Neither of those are legal. [https://gdpr-
info.eu/recitals/no-32/](https://gdpr-info.eu/recitals/no-32/):

 _”If the data subject’s consent is to be given following a request by
electronic means, the request must be clear, concise and not unnecessarily
disruptive to the use of the service for which it is provided.”_

------
dredmorbius
My current policy for "Cookie Consent" dialogues:

1\. Fire up uMatrix and globally block cookies for domain.

2\. Fire up uBlock Origin to block element on page.

3\. Self-Destructing Cookies for edge case motherlovers.

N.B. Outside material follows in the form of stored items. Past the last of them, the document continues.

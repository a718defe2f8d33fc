-- ===== src/Base/Bits/Digits.antt =====
-- One equation for the lowest binary digit of each native bit operation: the recursion that such an
-- operation stands for, with its fuel removed.
use Prim.Native.Nat.{ℕ, zero, suc, ◌+◌, ◌*◌, ◌/◌, ◌%◌, ◌≤◌, ◌<◌, min, max, bit_and, bit_or, bit_xor}
use Prim.Native.Nat.{digits, bitwise, differ, bit_and-bitwise, bit_or-bitwise, bit_xor-bitwise}
use mathlib.Core.Path.{◌≡◌, refl}
use native.Mathlib.Omega.{arith}

module _ (alone : ℕ → ℕ) (op : ℕ → ℕ → ℕ) where
  -- Enough fuel is as good as any other.
  enough_fuel : (n m a b : ℕ) → a ≤ n → a ≤ m → digits alone op n a b ≡ digits alone op m a b
  enough_fuel zero m (suc a) b h k = absurd (omega arith)
  enough_fuel (suc n) zero (suc a) b h k = absurd (omega arith)
  enough_fuel (suc n) (suc m) (suc a) b h k =
      rw (enough_fuel n m (suc a / 2) (b / 2) (omega arith) (omega arith))
  enough_fuel zero zero zero b h k = refl
  enough_fuel zero (suc m) zero b h k = refl
  enough_fuel (suc n) zero zero b h k = refl
  enough_fuel (suc n) (suc m) zero b h k = refl

  lowest_digit :
      (a b : ℕ)
      → bitwise alone op (suc a) b
        ≡ bitwise alone op (suc a / 2) (b / 2) * 2 + op (suc a % 2) (b % 2)
  lowest_digit a b =
      omega (arith, enough_fuel a (suc a / 2) (suc a / 2) (b / 2) (omega arith) (omega arith))

pub bit_and_digit : (a b : ℕ) → bit_and a b ≡ bit_and (a / 2) (b / 2) * 2 + min (a % 2) (b % 2)
bit_and_digit zero b = simp bit_and-bitwise (omega arith)
bit_and_digit (suc a) b = simp bit_and-bitwise (lowest_digit (λ y. 0) min a b)

pub bit_or_digit : (a b : ℕ) → bit_or a b ≡ bit_or (a / 2) (b / 2) * 2 + max (a % 2) (b % 2)
bit_or_digit zero b = simp bit_or-bitwise (omega arith)
bit_or_digit (suc a) b = simp bit_or-bitwise (lowest_digit (λ y. y) max a b)

-- On two digits `differ` is the sum without its carry.
differ_digits : (x y : ℕ) → x < 2 → y < 2 → differ x y ≡ (x + y) % 2
differ_digits zero y h k = omega arith
differ_digits (suc zero) zero h k = refl
differ_digits (suc zero) (suc zero) h k = refl
differ_digits (suc zero) (suc (suc y)) h k = absurd (omega arith)
differ_digits (suc (suc x)) y h k = absurd (omega arith)

pub bit_xor_digit : (a b : ℕ) → bit_xor a b ≡ bit_xor (a / 2) (b / 2) * 2 + (a + b) % 2
bit_xor_digit zero b = simp bit_xor-bitwise (omega arith)
bit_xor_digit (suc a) b = simp bit_xor-bitwise (
    omega (
      arith,
      lowest_digit (λ y. y) differ a b,
      differ_digits (suc a % 2) (b % 2) (omega arith) (omega arith),
    ))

Remember, boys and girls and all that lieth betwixt and beyond: FIRST pillage
THEN burn!

[https://mastodon.cloud/@dredmorbius/102292441272732943](https://mastodon.cloud/@dredmorbius/102292441272732943)

------
vast
Annoying and useless. These kind of popups have become so widespread that a
regular internet user pretty much agrees to anything as soon as the pop up.
Private mode users are being trolled for opting for privacy with this
regulation.

------
Nextgrid
They're supposed to be useful, ie the site should not be stalking you until
you say yes, the consent prompt should not be misleading (no dark patterns)
and service shouldn't be denied until you say yes (I'd argue taking over the
entire page and preventing you from browsing until you make a choice would be
against the regulation).

Note that this is not just about cookies but about any kind of stalking;
browser fingerprinting, local storage, etc. It's more of a legal thing where
you gave them permission to track you as opposed to a technical restriction,
so a browser-based solution isn't really an equivalent (you can block their
cookies but they'll still fingerprint your browser).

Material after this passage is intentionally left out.